Kepler Mission Search for Habitable Planets

The Kepler spacecraft is staring at a small region of the sky to survey how many may have planets in the habitable zone. That is a planet at such a distance from its star that it might have liquid water on the surface which might support life. The image below represents the stars with planets found as of the January 2013 data release.

This is a graphic of 2,740 stars which have candidate planets in transit. The planets are small black disks against the bright disk of each star. Using the prolific planet hunting Kepler spacecraft, astronomers have discovered 2,740 planet candidates orbiting other suns since the Kepler mission’s search for Earth-like worlds began in 2009. To find them, Kepler monitors a rich star field to identify planetary transits by the slight dimming of starlight caused by a planet crossing the face of its parent star. In this remarkable illustration created by Jason Rowe of NASA’s Kepler Science Team, all of Kepler’s planet candidates are shown in transit with their parent stars ordered by size from top left to bottom right. Simulated stellar disks and the silhouettes of transiting planets are all shown at the same relative scale, with saturated star colors. Of course, some stars show more than one planet in transit, but you may have to examine the picture at high resolution to spot them all. For reference, the Sun is shown at the same scale, by itself below the top row on the right. In silhouette against the Sun’s disk, both Jupiter and Earth are in transit.


The Milky Way in 5000 Mega-Pixels (Give it time to load)

What do you see? This was the anthropic question of a year-long photographic project dubbed the Photopic Sky Survey, meant to reveal the entire night sky as if it rivalled the brightness of day. In it we see tens of millions of stars, the glowing factories of newborn ones, and a rich tapestry of dust all floating on a stage of unimaginable proportions. I hope you enjoy this new view of our place in the universe as much as I have enjoyed making it.    — Nick Risinger


Nick traveled nearly 60,000 miles to obtain the clearest skies and vantage points for the 37,440 images which are stitched together in this zoomable interactive. Weather, moon cycles, and light pollution complicated his quest. He divided the sky into 624 areas about the size of the palm of your hand. Details of his project and specifications on equipment used are found at this link.

Each frame received a total of 60 exposures: 4 short, 4 medium, and 4 long shots for each camera which would help to reduce the amount of noise, overhead satellite trails and other unwanted artifacts.

Finally ….. Orrery Fun

An orrery is a mechanical device that illustrates the relative positions and motions of the planets and moons in the solar system in a heliocentric model.

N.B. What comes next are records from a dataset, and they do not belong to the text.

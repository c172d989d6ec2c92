-- ===== src/IntervalVector/Intersect/Rounds.antt =====
-- What a round of the outer loop of `intersect` keeps.
use vislcg.Base.{
  ℕ, ◌+◌, ◌-◌, ◌<◌, ◌≤◌, max, ◌≡◌, refl, Bool, true, false, ◌||◌, ◌&&◌, List, [], ◌∷◌,
}
use vislcg.Base.{arith, word, leb, ltb, Bool-cases, inl, inr}
use vislcg.IntervalVector.{
  Interval, Meeting, round, overlaps, drop_before, skip, push_out, overlap_lb, overlap_ub, width32,
}
use vislcg.IntervalVector.Valid.{
  Left, Right, member, total, Right-weaken, Left-weaken, member-Right,
}

-- No interval holds all values, so that no width wraps to 0.
abbrev pub Narrow : List Interval → Type 0
Narrow [] = Unit
Narrow (a ∷ rs) = (a.ub + 1 - a.lb < word) × Narrow rs

pub Narrow-of_total : (rs : List Interval) → total rs < word → Narrow rs
unfolding total
Narrow-of_total [] h = tt
Narrow-of_total (a ∷ rs) h = (omega arith, Narrow-of_total rs (omega arith))

-- What holds between rounds: the members found and those still to be found are `both`, and the
-- result ends well before what is left begins.
pub record Meets (both : ℕ → Bool) (lo lo' : ℕ) (rs bs out : List Interval) (n : ℕ) : Type 0 where
  pub left : Right lo rs
  pub right : Right lo' bs
  pub narrow : Narrow rs
  pub behind : Left (max lo lo' - 1) out
  pub members : (q : ℕ) → (member q out || (member q rs && member q bs)) ≡ both q
  pub counted : total out ≡ n

abbrev pub Good : (ℕ → Bool) → Meeting → Type 0
Good both m = (lo : ℕ) × (lo' : ℕ) × Meets both lo lo' m.left m.right m.out m.size

push_out-eq :
    (hi lb ub : ℕ) (out : List Interval)
    → Left (hi - 1) out
    → hi ≤ lb
    → lb < word
    → push_out out lb ub ≡ record { lb = lb; ub = ub } ∷ out
push_out-eq hi lb ub [] l h small = refl
push_out-eq hi lb ub (p ∷ out) l h small = ground arith

module _ (both : ℕ → Bool) (a b : Interval) (rs bs out : List Interval) (n lo lo' : ℕ)
    (i : Meets both lo lo' (a ∷ rs) (b ∷ bs) out n)
    (over : (leb b.lb a.ub && leb a.lb b.ub) ≡ true) where
  abbrev grown : List Interval
  grown = push_out out (overlap_lb a b) (overlap_ub a b)

  grown-eq : grown ≡ record { lb = overlap_lb a b; ub = overlap_ub a b } ∷ out
  grown-eq =
      push_out-eq (max lo lo') (overlap_lb a b) (overlap_ub a b) out i.behind
        (ground (arith, i.left, i.right)) (ground (arith, i.left, i.right))

  behind_next : (lo₁ lo₁' : ℕ) → overlap_ub a b + 2 ≤ max lo₁ lo₁' → Left (max lo₁ lo₁' - 1) grown
  behind_next lo₁ lo₁' h = rw grown-eq (
    ground (arith, i.left, i.right),
    ground (arith, i.left, i.right),
    ground (arith, i.left, i.right),
    Left-weaken (max lo lo' - 1) (overlap_lb a b - 1) out (ground (arith, i.left, i.right))
        i.behind,
  )

  counted_next : total grown ≡ n + width32 a b
  unfolding total
  counted_next = rw grown-eq (ground (arith, i.counted, i.left, i.right, i.narrow))

  left_first : ltb a.ub b.ub ≡ true → Meets both (a.ub + 2) lo' rs (b ∷ bs) grown (n + width32 a b)
  unfolding member
  left_first h = record {
    left = i.left.3;
    right = i.right;
    narrow = i.narrow.1;
    behind = behind_next _ _ (ground arith);
    members = λ q. rw grown-eq (
        ground (
          arith,
          i.members q,
          member-Right q (b.ub + 2) bs,
          member-Right q (a.ub + 2) rs,
          i.left,
          i.right,
        ));
    counted = counted_next;
  }

  right_first : ltb a.ub b.ub ≡ false → Meets both lo (b.ub + 2) (a ∷ rs) bs grown (n + width32 a b)
  unfolding member
  right_first h = record {
    left = i.left;
    right = i.right.3;
    narrow = i.narrow;
    behind = behind_next _ _ (ground arith);
    members = λ q. rw grown-eq (
        ground (
          arith,
          i.members q,
          member-Right q (b.ub + 2) bs,
          member-Right q (a.ub + 2) rs,
          i.left,
          i.right,
        ));
    counted = counted_next;
  }

overlaps-Good :
    (both : ℕ → Bool) (lo lo' : ℕ) (rs bs out : List Interval) (n : ℕ)
    → Meets both lo lo' rs bs out n
    → Good both (overlaps rs bs out n)
unfolding overlaps
overlaps-Good both lo lo' [] bs out n i = (lo, lo', i)
overlaps-Good both lo lo' (a ∷ rs) [] out n i = (lo, lo', i)
overlaps-Good both lo lo' (a ∷ rs) (b ∷ bs) out n i =
    elim (Bool-cases (leb b.lb a.ub && leb a.lb b.ub)) [
      | inr apart ↦ rw apart (lo, lo', i)
      | inl over ↦ elim (Bool-cases (ltb a.ub b.ub)) [
        | inl h ↦
            rw (over, h)
              (overlaps-Good both (a.ub + 2) lo' rs (b ∷ bs)
                (push_out out (overlap_lb a b) (overlap_ub a b)) (n + width32 a b)
                (left_first both a b rs bs out n lo lo' i over h))
        | inr h ↦
            rw (over, h)
              (overlaps-Good both lo (b.ub + 2) (a ∷ rs) bs
                (push_out out (overlap_lb a b) (overlap_ub a b)) (n + width32 a b)
                (right_first both a b rs bs out n lo lo' i over h))
      ]
    ]

drop_before-Right : (lo lb : ℕ) (rs : List Interval) → Right lo rs → Right lo (drop_before lb rs)
unfolding drop_before
drop_before-Right lo lb [] r = r
drop_before-Right lo lb (a ∷ rs) r = elim (Bool-cases (ltb a.ub lb)) [
  | inl h ↦ rw h (drop_before-Right lo lb rs (Right-weaken (a.ub + 2) lo rs (omega arith) r.3))
  | inr h ↦ rw h r
]

drop_before-Narrow : (lb : ℕ) (rs : List Interval) → Narrow rs → Narrow (drop_before lb rs)
unfolding drop_before
drop_before-Narrow lb [] r = r
drop_before-Narrow lb (a ∷ rs) r = elim (Bool-cases (ltb a.ub lb)) [
  | inl h ↦ rw h (drop_before-Narrow lb rs r.1)
  | inr h ↦ rw h r
]

member-drop_before :
    (lb q : ℕ) (rs : List Interval) → lb ≤ q → member q (drop_before lb rs) ≡ member q rs
unfolding drop_before member
member-drop_before lb q [] h = refl
member-drop_before lb q (a ∷ rs) h = ground (arith, member-drop_before lb q rs)

member-skip :
    (q lo : ℕ) (rs bs : List Interval)
    → Right lo bs
    → (member q (skip rs bs) && member q bs) ≡ (member q rs && member q bs)
member-skip q lo rs [] r = refl
member-skip q lo rs (b ∷ bs) r =
    ground (arith, member-drop_before b.lb q rs, member-Right q b.lb (b ∷ bs))

skip-Right : (lo : ℕ) (rs bs : List Interval) → Right lo rs → Right lo (skip rs bs)
skip-Right lo rs [] r = r
skip-Right lo rs (b ∷ bs) r = drop_before-Right lo b.lb rs r

skip-Narrow : (rs bs : List Interval) → Narrow rs → Narrow (skip rs bs)
skip-Narrow rs [] r = r
skip-Narrow rs (b ∷ bs) r = drop_before-Narrow b.lb rs r

pub round-Good :
    (both : ℕ → Bool) (lo lo' : ℕ) (rs bs out : List Interval) (n : ℕ)
    → Meets both lo lo' rs bs out n
    → Good both (round rs bs out n)
unfolding round
round-Good both lo lo' rs bs out n i = overlaps-Good both lo lo' _ _ out n (record {
  left = skip-Right lo rs bs i.left;
  right = skip-Right lo' bs (skip rs bs) i.right;
  narrow = skip-Narrow rs bs i.narrow;
  behind = i.behind;
  members = λ q. ground (
    arith,
    i.members q,
    member-skip q lo' rs bs i.right,
    member-skip q lo bs (skip rs bs) (skip-Right lo rs bs i.left),
  );
  counted = i.counted;
})
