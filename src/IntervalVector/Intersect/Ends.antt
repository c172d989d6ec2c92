-- ===== src/IntervalVector/Intersect/Ends.antt =====
-- The outer loop of `intersect` passes an interval in each round.
use vislcg.Base.{ℕ, ◌+◌, ◌<◌, ◌≤◌, ◌≡◌, true, ◌&&◌, List, [], ◌∷◌}
use vislcg.Base.{arith, leb, ltb, length, Bool-cases, inl, inr}
use vislcg.IntervalVector.{
  Interval, Meeting, round, overlaps, drop_before, skip, push_out, overlap_lb, overlap_ub, width32,
}

abbrev pub left_over : Meeting → ℕ
left_over m = length m.left + length m.right

length-drop_before-le : (lb : ℕ) (rs : List Interval) → length (drop_before lb rs) ≤ length rs
unfolding drop_before
length-drop_before-le lb [] = omega arith
length-drop_before-le lb (a ∷ rs) = ground (arith, length-drop_before-le lb rs)

length-skip-le : (rs bs : List Interval) → length (skip rs bs) ≤ length rs
length-skip-le rs [] = omega arith
length-skip-le rs (b ∷ bs) = length-drop_before-le b.lb rs

overlaps-le :
    (rs bs out : List Interval) (n : ℕ) → left_over (overlaps rs bs out n) ≤ length rs + length bs
unfolding overlaps
overlaps-le [] bs out n = omega arith
overlaps-le (a ∷ rs) [] out n = omega arith
overlaps-le (a ∷ rs) (b ∷ bs) out n = elim (Bool-cases (leb b.lb a.ub && leb a.lb b.ub)) [
  | inr apart ↦ rw apart (omega arith)
  | inl over ↦ elim (Bool-cases (ltb a.ub b.ub)) [
    | inl h ↦
        rw (over, h)
          (omega (
            arith,
            overlaps-le rs (b ∷ bs) (push_out out (overlap_lb a b) (overlap_ub a b))
                (n + width32 a b),
          ))
    | inr h ↦
        rw (over, h)
          (omega (
            arith,
            overlaps-le (a ∷ rs) bs (push_out out (overlap_lb a b) (overlap_ub a b))
                (n + width32 a b),
          ))
  ]
]

overlaps-lt :
    (a b : Interval) (rs bs out : List Interval) (n : ℕ)
    → (leb b.lb a.ub && leb a.lb b.ub) ≡ true
    → left_over (overlaps (a ∷ rs) (b ∷ bs) out n) < length (a ∷ rs) + length (b ∷ bs)
unfolding overlaps
overlaps-lt a b rs bs out n over = elim (Bool-cases (ltb a.ub b.ub)) [
  | inl h ↦
      rw (over, h)
        (omega (
          arith,
          overlaps-le rs (b ∷ bs) (push_out out (overlap_lb a b) (overlap_ub a b))
              (n + width32 a b),
        ))
  | inr h ↦
      rw (over, h)
        (omega (
          arith,
          overlaps-le (a ∷ rs) bs (push_out out (overlap_lb a b) (overlap_ub a b))
              (n + width32 a b),
        ))
]

-- Each round of the outer loop passes an interval.
pub round-lt :
    (a b : Interval) (rs bs out : List Interval) (n : ℕ)
    → left_over (round (a ∷ rs) (b ∷ bs) out n) < length (a ∷ rs) + length (b ∷ bs)
unfolding round drop_before
round-lt a b rs bs out n = elim (Bool-cases (ltb a.ub b.lb)) [
  | inl h ↦ rw h (
      omega (
        arith,
        overlaps-le (drop_before b.lb rs) (skip (b ∷ bs) (drop_before b.lb rs)) out n,
        length-drop_before-le b.lb rs,
        length-skip-le (b ∷ bs) (drop_before b.lb rs),
      ))
  | inr h ↦ elim (Bool-cases (ltb b.ub a.lb)) [
    | inl k ↦
        rw (h, k)
          (omega (
            arith,
            overlaps-le (a ∷ rs) (drop_before a.lb bs) out n,
            length-drop_before-le a.lb bs,
          ))
    | inr k ↦ rw (h, k) (overlaps-lt a b rs bs out n (ground arith))
  ]
]
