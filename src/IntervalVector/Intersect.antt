-- ===== src/IntervalVector/Intersect.antt =====
-- `intersect` ends, and is the intersection of sets.
mod Rounds
mod Ends
use vislcg.Base.{
  ℕ, zero, suc, ◌+◌, ◌-◌, ◌%◌, ◌<◌, ◌≤◌, max, ◌≡◌, refl, Bool, true, false, ◌||◌, ◌&&◌, List, [],
  ◌∷◌,
}
use vislcg.Base.{
  Option, some, none, arith, word, leb, ltb, rejoin, length, Bool-cases, inl, inr, ◌∙◌, sym, ltb→lt,
  if◌then◌else◌,
}
use vislcg.IntervalVector.{
  Interval, IntervalVector, Meeting, intersect, meet, round, overlaps, drop_before, skip, push_out,
  overlap_lb, overlap_ub, width32, done, succ32,
}
use vislcg.IntervalVector.Valid.{
  Left, Right, member, total, IsValid, Right-rejoin, Right-weaken, Left-weaken, floor-le,
  member-rejoin, total-rejoin, member-Left, member-Right,
}
use vislcg.IntervalVector.Intersect.Rounds.{Meets, Good, Narrow-of_total, round-Good}
use vislcg.IntervalVector.Intersect.Ends.{left_over, round-lt}

-- The result once a vector has run out.
abbrev Finishes : (ℕ → Bool) → Option IntervalVector → Type 0
Finishes both o =
    (r : IntervalVector) × (o ≡ some r) × IsValid r × ((q : ℕ) → member q r.elements ≡ both q)

finish :
    (both : ℕ → Bool) (hi n : ℕ) (out : List Interval)
    → Left hi out
    → ((q : ℕ) → member q out ≡ both q)
    → total out ≡ n
    → Finishes both (some (record { elements = rejoin out []; size = n }))
unfolding member total
finish both hi n out l m t = (
  record { elements = rejoin out []; size = n },
  refl,
  record {
    ordered = Right-rejoin hi out [] l tt;
    counted = rw (total-rejoin out []) (omega (arith, t));
  },
  λ q. rw (member-rejoin q out []) (ground (arith, m q)),
)

meet_lem :
    (both : ℕ → Bool) (fuel lo lo' : ℕ) (rs bs out : List Interval) (n : ℕ)
    → Meets both lo lo' rs bs out n
    → length rs + length bs < fuel
    → Finishes both (meet fuel rs bs out n)
unfolding meet member
meet_lem both zero lo lo' rs bs out n i h = absurd (omega arith)
meet_lem both (suc fuel) lo lo' [] bs out n i h =
    finish both _ n out i.behind (λ q. ground (arith, i.members q)) i.counted
meet_lem both (suc fuel) lo lo' (a ∷ rs) [] out n i h =
    finish both _ n out i.behind (λ q. ground (arith, i.members q)) i.counted
meet_lem both (suc fuel) lo lo' (a ∷ rs) (b ∷ bs) out n i h =
    let (lo₁, lo₁', i') = round-Good both lo lo' (a ∷ rs) (b ∷ bs) out n i in
    meet_lem both fuel lo₁ lo₁' _ _ _ _ i' (omega (arith, round-lt a b rs bs out n))

-- The loops of `intersect` end within a round for each interval, and give a valid vector whose
-- members are the common members of the two; only a vector of all `2 ^ 32` values is left out.
pub intersect_lem :
    (v o : IntervalVector)
    → IsValid v
    → IsValid o
    → v.size < word
    → (r : IntervalVector) × (intersect v o ≡ some r)
      × IsValid r
      × ((q : ℕ) → member q r.elements ≡ (member q v.elements && member q o.elements))
unfolding intersect
intersect_lem v o h k small =
    meet_lem _ _ 0 0 v.elements o.elements [] 0
      (unfold member total in
        record {
          left = h.ordered;
          right = k.ordered;
          narrow = Narrow-of_total v.elements (rw h.counted small);
          behind = tt;
          members = λ q. refl;
          counted = refl;
        })
      (omega arith)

Though the Greeks had working planetaria, the first orrery was a planetarium of the modern era was produced in 1704, and one was presented to the Earl of Orrery — whence the name came. They are typically driven by a clockwork mechanism with a globe representing the Sun at the centre, and with a planet at the end of each of the arms.

Today, the orrery can be found in digital form. One recent example I like allows you to have some simple control with interesting results. The image below is linked to the site. Below are some comments about the controls you ought to try.


The slider in the upper left of center lets you run time forward or backward and at varying speeds.
The links in the upper right sets the date and the view of months or zodiac signs.
At the lower left you can make the Moon phases visible. Slow down the clock.
At the lower right you can view the Solar System from the Copernican or Tychonian views.The Copernian view assumes the Sun to be the center of the system. It is also called heliocentric. This view was espoused by Galileo and got him placed under house arrest. The Tychonian view assumes the Earth is the center of the system. It is not correct. But, it gives some interesting motions.